To use PGO, update the `CFLAGS` variable to include the following:



```

CFLAGS=-O3 -fPIC -fprofile-dir=$(PGO_DIR) -fprofile-generate=$(PGO_DIR)

```



Compile the program and use the RunBenchmark tool on a sample data set. For this part, you'll need a zstd dictionary so that we can test out the dictionary-based compression algorithms. More information on creating this dictionary can be found here: [https://github.com/facebook/zstd#dictionary-compression-how-to](https://github.com/facebook/zstd#dictionary-compression-how-to)

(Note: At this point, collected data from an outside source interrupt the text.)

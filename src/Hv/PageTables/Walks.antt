-- ===== src/Hv/PageTables/Walks.antt =====
-- The ways through the tables that `map_page` makes, and how the processor reads them.
use obliteration.Prelude.{
  ℕ, ◌/◌, ◌%◌, ◌^◌, ◌≡◌, ◌≢◌, refl, sym, ◌∙◌, ap, false, ◌&&◌, ◌==◌, Option, none, some, arith,
  Bool-cases, inl, inr,
}
use obliteration.Hv.PageTables.{Tables, Builder, Context, Down, pml4o, pdpo, pdo, pto}
use obliteration.Hv.PageTables.Entries.{index_parts, same_indices}
use obliteration.Hv.PageTables.Links.{linked, opened, opened-linked, Flagged, bind, Level}
use obliteration.Hv.PageTables.Descend.{Descended, bind-same}

-- The physical page that the entries in use of four levels of tables give to an address.
unfoldable pub walk_in : Tables → Tables → Tables → Tables → ℕ → ℕ → Option ℕ
walk_in t4 t3 t2 t1 root v =
    bind (linked t4 root (pml4o v))
      λ p. bind (linked t3 p (pdpo v)) λ d. bind (linked t2 d (pdo v)) λ t. linked t1 t (pto v)

abbrev pub walk : Context → ℕ → Option ℕ
walk cx v = walk_in cx.pml4t cx.pdpt cx.pdt cx.pt cx.root v

-- The physical page to which the processor writes at an address, in supervisor mode: an entry of any level
-- counts only where its bits P and R/W are set. Without them it faults, so there is none.
unfoldable pub translate : Context → ℕ → Option ℕ
translate cx v = bind (opened cx.pml4t cx.root (pml4o v)) λ p.
    bind (opened cx.pdpt p (pdpo v)) λ d. bind (opened cx.pdt d (pdo v)) λ t. opened cx.pt t (pto v)

-- Every entry in use, on all levels, has the bits P and R/W.
pub record IsFlagged (cx : Context) : Type 0 where
  pub flags4 : Flagged cx.pml4t
  pub flags3 : Flagged cx.pdpt
  pub flags2 : Flagged cx.pdt
  pub flags1 : Flagged cx.pt

-- The tables of a builder: each entry in use stands for a table of its own.
pub record IsContext (cx : Context) (high : ℕ) : Type 0 where
  pub level4 : Level cx.pml4t cx.pdpt high
  pub level3 : Level cx.pdpt cx.pdt high
  pub level2 : Level cx.pdt cx.pt high

-- The page of an address that four indices cut out.
abbrev pub page_of : ℕ → ℕ
page_of v = v % 2 ^ 48 / 4096

-- The path to the entry of `addr`, once all four tables are there.
pub record PathTo (t4 t3 t2 : Tables) (root addr t : ℕ) : Type 0 where
  pub p : ℕ
  pub d : ℕ
  pub link4 : linked t4 root (pml4o addr) ≡ some p
  pub link3 : linked t3 p (pdpo addr) ≡ some d
  pub link2 : linked t2 d (pdo addr) ≡ some t

module _ (t4 t3 t2 : Tables) (root addr t : ℕ) (path : PathTo t4 t3 t2 root addr t) where
  pub walk_in-path : (t1 : Tables) → walk_in t4 t3 t2 t1 root addr ≡ linked t1 t (pto addr)
  unfolding walk_in
  walk_in-path t1 =
      ap
        (λ o. bind o λ p.
          bind (linked t3 p (pdpo addr))
            λ d. bind (linked t2 d (pdo addr)) λ t. linked t1 t (pto addr))
        path.link4
      ∙ ap (λ o. bind o λ d. bind (linked t2 d (pdo addr)) λ t. linked t1 t (pto addr)) path.link3
      ∙ ap (λ o. bind o λ t. linked t1 t (pto addr)) path.link2

  -- Only the addresses of the page get to its entry.
  module _ (n : ℕ) (t1 t1' : Tables) (l4 : Level t4 t3 n) (l3 : Level t3 t2 n) (l2 : Level t2 t1 n)
      (rest : (x j : ℕ)
        → (x == t) && (j == pto addr) ≡ false
        → linked t1' x j ≡ linked t1 x j) where
    bind-cases :
        (o : Option ℕ) (f g : ℕ → Option ℕ)
        → ((c : ℕ) → o ≡ some c → f c ≡ g c)
        → bind o f ≡ bind o g
    bind-cases none f g h = refl
    bind-cases (some c) f g h = h c refl

    same_page :
        (v p d : ℕ)
        → linked t4 root (pml4o v) ≡ some p
        → linked t3 p (pdpo v) ≡ some d
        → linked t2 d (pdo v) ≡ some t
        → pto v ≡ pto addr
        → page_of v ≡ page_of addr
    same_page v p d h k m e =
        let (d_eq, i2) = l2.single d (pdo v) path.d (pdo addr) t m path.link2 in
        let (p_eq, i3) =
          l3.single p (pdpo v) path.p (pdpo addr) d k (path.link3 ∙ ap some (sym d_eq)) in
        let (_, i4) =
          l4.single root (pml4o v) root (pml4o addr) p h (path.link4 ∙ ap some (sym p_eq)) in
        index_parts v addr i4 i3 i2 e

    pub walk_in-else :
        (v : ℕ)
        → page_of v ≢ page_of addr
        → walk_in t4 t3 t2 t1' root v ≡ walk_in t4 t3 t2 t1 root v
    unfolding walk_in
    walk_in-else v other = bind-cases (linked t4 root (pml4o v)) _ _ λ p h.
        bind-cases (linked t3 p (pdpo v)) _ _ λ d k. bind-cases (linked t2 d (pdo v)) _ _ λ x m.
          elim (Bool-cases ((x == t) && (pto v == pto addr))) [
            | inr elsewhere ↦ rest x (pto v) elsewhere
            | inl reached ↦
                let x_eq : x ≡ t = ground arith in
                absurd (other (same_page v p d h k (m ∙ ap some x_eq) (ground arith)))
          ]

one_level :
    (upper lower : Tables) (a i : ℕ) (b : Builder) (d : Down)
    → Descended upper lower a i b d
    → (x j k : ℕ) (f : Option ℕ → Option ℕ) → f none ≡ none
    → bind (linked d.upper x j) (λ c. f (linked d.lower c k))
      ≡ bind (linked upper x j) (λ c. f (linked lower c k))
one_level upper lower a i b d at x j k f h =
    bind-same (linked d.upper x j) (linked d.upper x j) _ _ refl (λ c. ap f (at.below c k))
    ∙ at.walks x j (λ c. f (linked lower c k)) (λ c g. ap f (g k) ∙ h)

-- The three tables above a page, one after the other: no walk has changed.
module _ (cx : Context) (addr : ℕ) (b : Builder) (d3 d2 d1 : Down)
    (at4 : Descended cx.pml4t cx.pdpt cx.root (pml4o addr) b d3)
    (at3 : Descended d3.lower cx.pdt d3.child (pdpo addr) d3.builder d2)
    (at2 : Descended d2.lower cx.pt d2.child (pdo addr) d2.builder d1) where
  step4 : (v : ℕ) → walk_in d3.upper d3.lower cx.pdt cx.pt cx.root v ≡ walk cx v
  unfolding walk_in
  step4 v =
      one_level cx.pml4t cx.pdpt cx.root (pml4o addr) b d3 at4 cx.root (pml4o v) (pdpo v)
        (λ o. bind o λ d. bind (linked cx.pdt d (pdo v)) λ t. linked cx.pt t (pto v)) refl

  step3 :
      (v : ℕ)
      → walk_in d3.upper d2.upper d2.lower cx.pt cx.root v
        ≡ walk_in d3.upper d3.lower cx.pdt cx.pt cx.root v
  unfolding walk_in
  step3 v = bind-same (linked d3.upper cx.root (pml4o v)) _ _ _ refl λ p.
      one_level d3.lower cx.pdt d3.child (pdpo addr) d3.builder d2 at3 p (pdpo v) (pdo v)
        (λ o. bind o λ t. linked cx.pt t (pto v)) refl

  step2 :
      (v : ℕ)
      → walk_in d3.upper d2.upper d1.upper d1.lower cx.root v
        ≡ walk_in d3.upper d2.upper d2.lower cx.pt cx.root v
  unfolding walk_in
  step2 v = bind-same (linked d3.upper cx.root (pml4o v)) _ _ _ refl λ p.
      bind-same (linked d2.upper p (pdpo v)) _ _ _ refl λ d.
        one_level d2.lower cx.pt d2.child (pdo addr) d2.builder d1 at2 d (pdo v) (pto v) (λ o. o)
          refl

  pub steps_same : (v : ℕ) → walk_in d3.upper d2.upper d1.upper d1.lower cx.root v ≡ walk cx v
  steps_same v = step2 v ∙ step3 v ∙ step4 v

pub walk_in-same_page : (cx : Context) (v w : ℕ) → page_of v ≡ page_of w → walk cx v ≡ walk cx w
unfolding walk_in
walk_in-same_page cx v w h =
    let (i4, i3, i2, i1) = same_indices v w h in
    bind-same (linked cx.pml4t cx.root (pml4o v)) _ _ _ (ap (linked cx.pml4t cx.root) i4) λ p.
      bind-same (linked cx.pdpt p (pdpo v)) _ _ _ (ap (linked cx.pdpt p) i3) λ d.
        bind-same (linked cx.pdt d (pdo v)) _ _ _ (ap (linked cx.pdt d) i2)
          λ t. ap (linked cx.pt t) i1

-- Then the processor finds what the entries in use give.
pub translate-walk : (cx : Context) → IsFlagged cx → (v : ℕ) → translate cx v ≡ walk cx v
unfolding translate walk_in
translate-walk cx f v =
    bind-same (opened cx.pml4t cx.root (pml4o v)) _ _ _
      (opened-linked cx.pml4t cx.root (pml4o v) f.flags4)
      λ p.
        bind-same (opened cx.pdpt p (pdpo v)) _ _ _ (opened-linked cx.pdpt p (pdpo v) f.flags3) λ d.
          bind-same (opened cx.pdt d (pdo v)) _ _ _ (opened-linked cx.pdt d (pdo v) f.flags2)
            λ t. opened-linked cx.pt t (pto v) f.flags1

Once the benchmark has finished, all the interesting data will be stored in the PGO subdirectory. Now we need to change the `Makefile` to use the new PGO data:



```

CFLAGS=-O3 -fPIC -fprofile-dir=$(PGO_DIR) -fprofile-use=$(PGO_DIR) -fprofile-correction

```



We need to get rid of the previous binaries and objects to re-compile the project. Do the following to delete the `bin` and `obj` subdirectories (but not the `pgo` subdirectory) and rebuild:



```

make clean

make -j

```



### macOS



To use PGO, update the `CFLAGS` variable to include the following:



```

CFLAGS=-O3 -fPIC -fprofile-instr-generate=$(PGO_DIR)/BlockCompression.profraw

```



Compile the program and use the RunBenchmark tool on a sample data set. For this part, you'll need a zstd dictionary so that we can test out the dictionary-based compression algorithms. More information on cre>



Once the benchmark has finished, all the interesting data will be stored in the PGO subdirectory. Next we'll need to convert the profiling data before it can be used:



```

/Library/Developer/CommandLineTools/usr/bin/llvm-profdata merge -output=BlockCompression.profdata BlockCompression.profraw

```



Now we need to change the `Makefile` to use the new PGO data:



```

CFLAGS=-O3 -fPIC -fprofile-instr-use=$(PGO_DIR)/BlockCompression.profdata

```



We need to get rid of the previous binaries and objects to re-compile the project. Do the following to delete the `bin` and `obj` subdirectories (but not the `pgo` subdirectory) and rebuild:



```

make clean

make -j

```



## Results



Here are the results when using MinGW (gcc 10.2.0) in Windows 10 on a Ryzen 9 5950X CPU (single thread benchmark):



| Algorithm | CL | TotalTime | CompRatio |  CompSpeed | DecompSpeed | Speed% | Ratio% | SpRank | CrRank |

|:----------|---:|----------:|----------:|-----------:|------------:|-------:|-------:|-------:|-------:|

| Zlib      |  1 |    1.69 s |      2.94 | 263.5 MB/s |  894.9 MB/s |  1.000 |  1.000 |      3 |      7 |

| Zlib      |  5 |    3.11 s |      4.69 | 122.0 MB/s |  1.158 GB/s |  0.544 |  1.592 |      4 |      6 |

| Zlib      |  9 |   11.04 s |      5.02 |  32.1 MB/s |  1.173 GB/s |  0.153 |  1.703 |      5 |      3 |

| Zstd      |  1 |    0.97 s |      4.87 | 458.5 MB/s |  1.518 GB/s |  1.739 |  1.654 |      1 |      4 |

| Zstd      | 17 |  1.16 min |      7.04 |   5.0 MB/s |  1.854 GB/s |  0.024 |  2.390 |      6 |      2 |

| ZstdDict  |  1 |    0.98 s |      4.87 | 451.9 MB/s |  1.527 GB/s |  1.722 |  1.654 |      2 |      5 |

| ZstdDict  | 17 |  1.27 min |      7.04 |   4.5 MB/s |  1.857 GB/s |  0.022 |  2.391 |      7 |      1 |



## Using in Nirvana



As long as the API for the functions specified in `BlockCompression.map` stay the same, the resulting BlockCompression library (*.dll, *.so, or *.dylib) can be dropped into a Nirvana release.